IMMUNOCHEMICAL STUDY OF ANTIGENIC SPECIFICITY IN DELAYED HYPERSENSITIVITY : II. DELAYED HYPERSENSITIVITY TO POLYTYROSINE-AZOBENZENEARSONATE AND ITS SUPPRESSION BY HAPTENS



Sidney Leskowitz Ph.D.1

1 From the Department of Bacteriology and Immunology, Harvard Medical School and the Medical Service, Massachusetts General Hospital, Boston

Delayed hypersensitivity in guinea pigs was produced by immunization. with a conjugate prepared by coupling diazotized arsanilic acid to polytyrosine. The resulting sensitivity could be demonstrated by skin test with conjugates prepared from a wide variety of tyrosine-containing proteins. Definite but smaller degrees of sensitivity could be induced with conjugates of proteins containing little or no tyrosine. The apparent absence of carrier-specificity is considered to be due to the narrowed range of immunologic response produced by immunization with polytyrosine-azobenzenearsonate.

Injections of the hapten N-acetyltyrosine-azobenzenearsonate was found to suppress completely the delayed reaction attributable to the tyrosine-azobenzenearsonate group. The same hapten was only slightly effective in suppressing reactions in guinea pigs immunized with guinea pig serum albumin-azobenzenearsonate, suggesting that a broader range of specificities is involved with such antigens.

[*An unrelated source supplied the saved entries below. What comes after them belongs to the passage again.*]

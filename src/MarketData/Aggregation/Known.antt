-- ===== src/MarketData/Aggregation/Known.antt =====
-- An aggregate is made of what was known.
use mathlib.Core.List.{Memᴰ}
use mytradingsystem.Base.{
  List, ℕ, All, [], ◌++◌, ◌∷◌, Bool-cases, Option, leb, ◌==◌, inl, inr, Result, ◌≡◌, ◌≤◌, err,
  length, ok, true, arith, none, some, ◌-◌, ◌/◌, second, subst, ok_injective, ℤ, >>=-ok, ap, aware,
  refl, pos, ◌∙◌, raise_if-ok, not, sym, ◌⊎◌, any, ◌||◌, ◌%◌,
}
use mytradingsystem.Domain.{Candle, CandleIsValid, CandleError, candle, candle-IsValid}
use mytradingsystem.MarketData.Grouping.{
  Zone, filled, Timeframe, by_time, MarketSession, combine, AggregateError, seconds_in,
  is_contiguous, week_1, lift_candle, combined, not_daily, minute_1, minute_3, minute_5, minute_15,
  minute_30, mixed_instruments, hour_1, mixed_timeframes, hour_4, day_1, not_a_multiple,
}
use mytradingsystem.MarketData.Aggregation.{
  outputs, by_week, bucketed, bucket_end, available, is_available, source_available_at, week_start,
  output_at, aggregate_weekly, bucket_start, aggregate_available, is_complete, is_daily,
  aggregate_closed_candles, calendar_of, aggregate_sorted,
}
use mytradingsystem.MarketData.Aggregation.Members.{
  AllMembers, by_time-All, filled-All, by_week-All, bucketed-All,
}

-- Why a group is complete, and the time of its aggregate.
pub data Completed (z : Zone) (target : Timeframe) (base cutoff : ℕ)
    (calendar : Option (List MarketSession)) (members : List Candle) (start : ℕ) : Type 0 where
  bucket :
      bucket_end z target calendar start ≤ cutoff
      → length members ≡ ((bucket_end z target calendar start - start) / second) / base
      → is_contiguous base (by_time members) ≡ true
      → Completed z target base cutoff calendar members start
  week :
      (monday : ℕ)
      → seconds_in target ≡ seconds_in week_1
      → week_start z cutoff calendar monday members ≡ ok (some start)
      → Completed z target base cutoff calendar members start

-- What an aggregate is made of: closed candles of the source, each of which was available by the
-- time asked for, in a group that is complete.
pub record PointInTime (z : Zone) (cs : List Candle) (target : Timeframe) (cutoff base : ℕ)
    (calendar : Option (List MarketSession)) (o : Candle) : Type 0 where
  pub members : List Candle
  pub start : ℕ
  pub sources :
      All
        (λ c. Memᴰ c cs × (c.is_closed ≡ true) × (source_available_at z base calendar c ≤ cutoff))
        members
  pub completed : Completed z target base cutoff calendar members start
  pub made : combine start (seconds_in target) (by_time members) ≡ ok (o ∷ [])
  pub timed : (o.timestamp ≡ start) × (o.timeframe_seconds ≡ seconds_in target)
  pub valid : CandleIsValid o

week_only : (target : Timeframe) → (seconds_in target == seconds_in week_1) ≡ true → target ≡ week_1
week_only week_1 e = refl
week_only minute_1 e = absurd (ground (arith, e))
week_only minute_3 e = absurd (ground (arith, e))
week_only minute_5 e = absurd (ground (arith, e))
week_only minute_15 e = absurd (ground (arith, e))
week_only minute_30 e = absurd (ground (arith, e))
week_only hour_1 e = absurd (ground (arith, e))
week_only hour_4 e = absurd (ground (arith, e))
week_only day_1 e = absurd (ground (arith, e))

list-cases :
    (cs : List Candle) → (cs ≡ []) ⊎ ((c : Candle) × (rest : List Candle) × (cs ≡ c ∷ rest))
list-cases [] = inl refl
list-cases (c ∷ cs) = inr (c, cs, refl)

lifted : (r : Result CandleError Candle) {o : Candle} → lift_candle r ≡ ok o → r ≡ ok o
lifted (ok c) h = ap ok (ok_injective h)
lifted (err e) h = absurd (ground arith)

candle-timed :
    (i t f : ℕ) (o h l k v : ℤ) (n : Option ℤ) {c : Candle}
    → candle i (aware t) (pos f) o h l k v n true ≡ ok c
    → (c.timestamp ≡ t) × (c.timeframe_seconds ≡ f)
unfolding candle
candle-timed i t f o h l k v n e = (ground arith, ground arith)

-- What a group's aggregate is.
record IsAggregate (start size : ℕ) (ds : List Candle) (o : Candle) : Type 0 where
  made : combine start size ds ≡ ok (o ∷ [])
  timed : (o.timestamp ≡ start) × (o.timeframe_seconds ≡ size)
  valid : CandleIsValid o

combine-IsAggregate :
    (start size : ℕ) (ds : List Candle) {outs : List Candle}
    → combine start size ds ≡ ok outs
    → All (IsAggregate start size ds) outs
unfolding combine
combine-IsAggregate start size [] h = subst (All (IsAggregate start size [])) (ok_injective h) tt
combine-IsAggregate start size (c ∷ ds) h =
    let (o, one, is) = >>=-ok (combined start size c ds) (λ x. ok (x ∷ [])) h in
    let e = lifted _ one in
    subst (All (IsAggregate start size (c ∷ ds))) (ok_injective is) (
      record {
        made = rw one refl;
        timed = candle-timed _ _ _ _ _ _ _ _ _ e;
        valid = candle-IsValid _ _ _ _ _ _ _ _ _ _ e;
      },
      tt,
    )

module _ (z : Zone) (cs : List Candle) (target : Timeframe) (cutoff base : ℕ)
    (calendar : Option (List MarketSession)) where
  abbrev Source : Candle → Type 0
  Source c = Memᴰ c cs × (c.is_closed ≡ true) × (source_available_at z base calendar c ≤ cutoff)

  available-Source :
      (ds : List Candle)
      → All (λ c. Memᴰ c cs) ds
      → All Source (available z cutoff base calendar ds)
  available-Source [] h = tt
  available-Source (d ∷ ds) h = elim (Bool-cases (is_available z cutoff base calendar d)) [
    | inl e ↦ rw e ((h.0, ground (arith, e), ground (arith, e)), available-Source ds h.1)
    | inr e ↦ rw e (available-Source ds h.1)
  ]

  both :
      (xs ys : List Candle)
      → All (PointInTime z cs target cutoff base calendar) xs
      → All (PointInTime z cs target cutoff base calendar) ys
      → All (PointInTime z cs target cutoff base calendar) (xs ++ ys)
  both [] ys h k = k
  both (x ∷ xs) ys h k = (h.0, both xs ys h.1 k)

  aggregates :
      (members : List Candle) (start : ℕ) (outs : List Candle)
      → All Source members
      → Completed z target base cutoff calendar members start
      → All (IsAggregate start (seconds_in target) (by_time members)) outs
      → All (PointInTime z cs target cutoff base calendar) outs
  aggregates members start [] h c k = tt
  aggregates members start (o ∷ os) h c k = (
    record {
      members = members;
      start = start;
      sources = h;
      completed = c;
      made = k.0.made;
      timed = k.0.timed;
      valid = k.0.valid;
    },
    aggregates members start os h c k.1,
  )

  group-PointInTime :
      (members : List Candle) (from : Option ℕ) {outs : List Candle}
      → All Source members
      → ((t : ℕ) → from ≡ some t → Completed z target base cutoff calendar members t)
      → output_at z target from members ≡ ok outs
      → All (PointInTime z cs target cutoff base calendar) outs
  group-PointInTime members none h why is =
      subst (All (PointInTime z cs target cutoff base calendar)) (ok_injective is) tt
  group-PointInTime members (some t) {outs = outs} h why is =
      aggregates members t outs h (why t refl)
        (combine-IsAggregate t (seconds_in target) (by_time members) is)

  outputs-PointInTime :
      (start : ℕ → List Candle → Result AggregateError (Option ℕ)) (groups : List (ℕ × List Candle))
      {outs : List Candle}
      → ((key : ℕ) (members : List Candle) (from : ℕ)
          → start key members ≡ ok (some from)
          → Completed z target base cutoff calendar members from)
      → AllMembers Source groups
      → outputs z target start groups ≡ ok outs
      → All (PointInTime z cs target cutoff base calendar) outs
  unfolding outputs
  outputs-PointInTime start [] why h is =
      subst (All (PointInTime z cs target cutoff base calendar)) (ok_injective is) tt
  outputs-PointInTime start ((key, members) ∷ rest) why h is =
      let (from, started, is1) = >>=-ok (start key members) _ is in
      let (first, made, is2) = >>=-ok (output_at z target from members) _ is1 in
      let (later, others, is3) = >>=-ok (outputs z target start rest) _ is2 in
      subst (All (PointInTime z cs target cutoff base calendar)) (ok_injective is3) (
        both first later
          (group-PointInTime members from h.0 (λ t e. why key members t (started ∙ ap ok e)) made)
          (outputs-PointInTime start rest why h.1 others))

  bucket-Completed :
      (key : ℕ) (members : List Candle) (from : ℕ)
      → bucket_start z target base cutoff calendar key members ≡ ok (some from)
      → Completed z target base cutoff calendar members from
  bucket-Completed key members from h =
      elim (Bool-cases (is_complete z target base cutoff calendar key members)) [
        | inl e ↦
            let is : key ≡ from = ground (arith, e) in
            subst (Completed z target base cutoff calendar members) is
              (bucket (ground (arith, e)) (ground (arith, e)) (ground (arith, e)))
        | inr e ↦ absurd (ground (arith, e))
      ]

  available-PointInTime :
      (ds : List Candle) {outs : List Candle}
      → All Source ds
      → aggregate_available z target base cutoff calendar ds ≡ ok outs
      → All (PointInTime z cs target cutoff base calendar) outs
  unfolding aggregate_weekly
  available-PointInTime ds {outs = outs} h is =
      elim (Bool-cases (seconds_in target == seconds_in week_1)) [
        | inl e ↦
            let weekly : aggregate_weekly z cutoff calendar ds ≡ ok outs = ground (arith, is, e) in
            let (daily, made) =
              raise_if-ok (not (is_daily z ds)) not_daily
                (outputs z week_1 (week_start z cutoff calendar) (filled (by_week z ds) []))
                weekly in
            let same : target ≡ week_1 = week_only target e in
            outputs-PointInTime (week_start z cutoff calendar) (filled (by_week z ds) [])
              (λ monday members from h'. week monday (ap seconds_in same) h')
              (filled-All Source (by_week z ds) [] (by_week-All Source z ds h) tt)
              (subst
                (λ t.
                  outputs z t (week_start z cutoff calendar) (filled (by_week z ds) []) ≡ ok outs)
                (sym same) made)
        | inr e ↦
            let placed_in = bucketed z target calendar ds in
            let made : outputs z target (bucket_start z target base cutoff calendar)
                  (filled placed_in [])
                ≡ ok outs =
              ground (arith, is, e) in
            outputs-PointInTime (bucket_start z target base cutoff calendar) (filled placed_in [])
              bucket-Completed
              (filled-All Source placed_in [] (bucketed-All Source z target calendar ds h) tt) made
      ]

all_members :
    (cs ds : List Candle) → ((c : Candle) → Memᴰ c ds → Memᴰ c cs) → All (λ c. Memᴰ c cs) ds
all_members cs [] h = tt
all_members cs (d ∷ ds) h = (h d (Memᴰ.head refl), all_members cs ds (λ c m. h c (Memᴰ.tail m)))

module _ (z : Zone) where
  -- An aggregation that returned is of no candle, or the base is the timeframe of the earliest one.
  -- Every aggregate is then made of closed candles of the source that were available by the time
  -- asked for, whose group is complete: its end has come, it has as many candles as fit between its
  -- start and its end, and they follow one another without a gap, or the rule for weeks holds. The
  -- aggregate is the group's combination, dated at the group's start, and a valid candle.
  pub aggregate-PointInTime :
      (cs : List Candle) (target : Timeframe) (t : ℕ) (sessions : Option (List MarketSession))
      {outs : List Candle}
      → aggregate_closed_candles z cs target (aware t) sessions ≡ ok outs
      → (outs ≡ [])
        ⊎ ((c : Candle) × (rest : List Candle) × (calendar : Option (List MarketSession)) × (by_time
                cs
              ≡ c ∷ rest)
            × (calendar_of z sessions ≡ ok calendar)
            × All (PointInTime z cs target t c.timeframe_seconds calendar) outs)
  unfolding aggregate_closed_candles
  aggregate-PointInTime cs target t sessions {outs = outs} h = elim (list-cases (by_time cs)) [
    | inl e ↦
        inl (sym (ok_injective (subst (λ l. aggregate_sorted z target t sessions l ≡ ok outs) e h)))
    | inr (c, rest, e) ↦
        let sorted = subst (λ l. aggregate_sorted z target t sessions l ≡ ok outs) e h in
        let base = c.timeframe_seconds in
        let size = seconds_in target in
        let (one, h1) =
          raise_if-ok (any (λ d. not (d.instrument_id == c.instrument_id)) (c ∷ rest))
            mixed_instruments _ sorted in
        let (two, h2) =
          raise_if-ok (any (λ d. not (d.timeframe_seconds == base)) (c ∷ rest)) mixed_timeframes _
            h1 in
        let (three, h3) =
          raise_if-ok (leb size base || not (size % base == 0)) not_a_multiple _ h2 in
        let (calendar, read, made) = >>=-ok (calendar_of z sessions) _ h3 in
        let members = by_time-All (λ d. Memᴰ d cs) cs (all_members cs cs (λ d m. m)) in
        let sources =
          available-Source z cs target t base calendar (c ∷ rest)
            (subst (λ l. All (λ d. Memᴰ d cs) l) e members) in
        inr (
          c,
          rest,
          calendar,
          e,
          read,
          available-PointInTime z cs target t base calendar (available z t base calendar (c ∷ rest))
              sources made,
        )
  ]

Confirmation of such increased range of specificity attributable to antigenic determinants contributed by the carrier protein was obtained by desensitization studies with N-acetyltyrosine-azobenzenearsonate and guinea pig serum albumin-azobenzoate. While separately these materials produced only a slight decrease in skin reactivity to guinea pig serum albumin-azobenzenearsonate, the combination was found to give almost complete suppression.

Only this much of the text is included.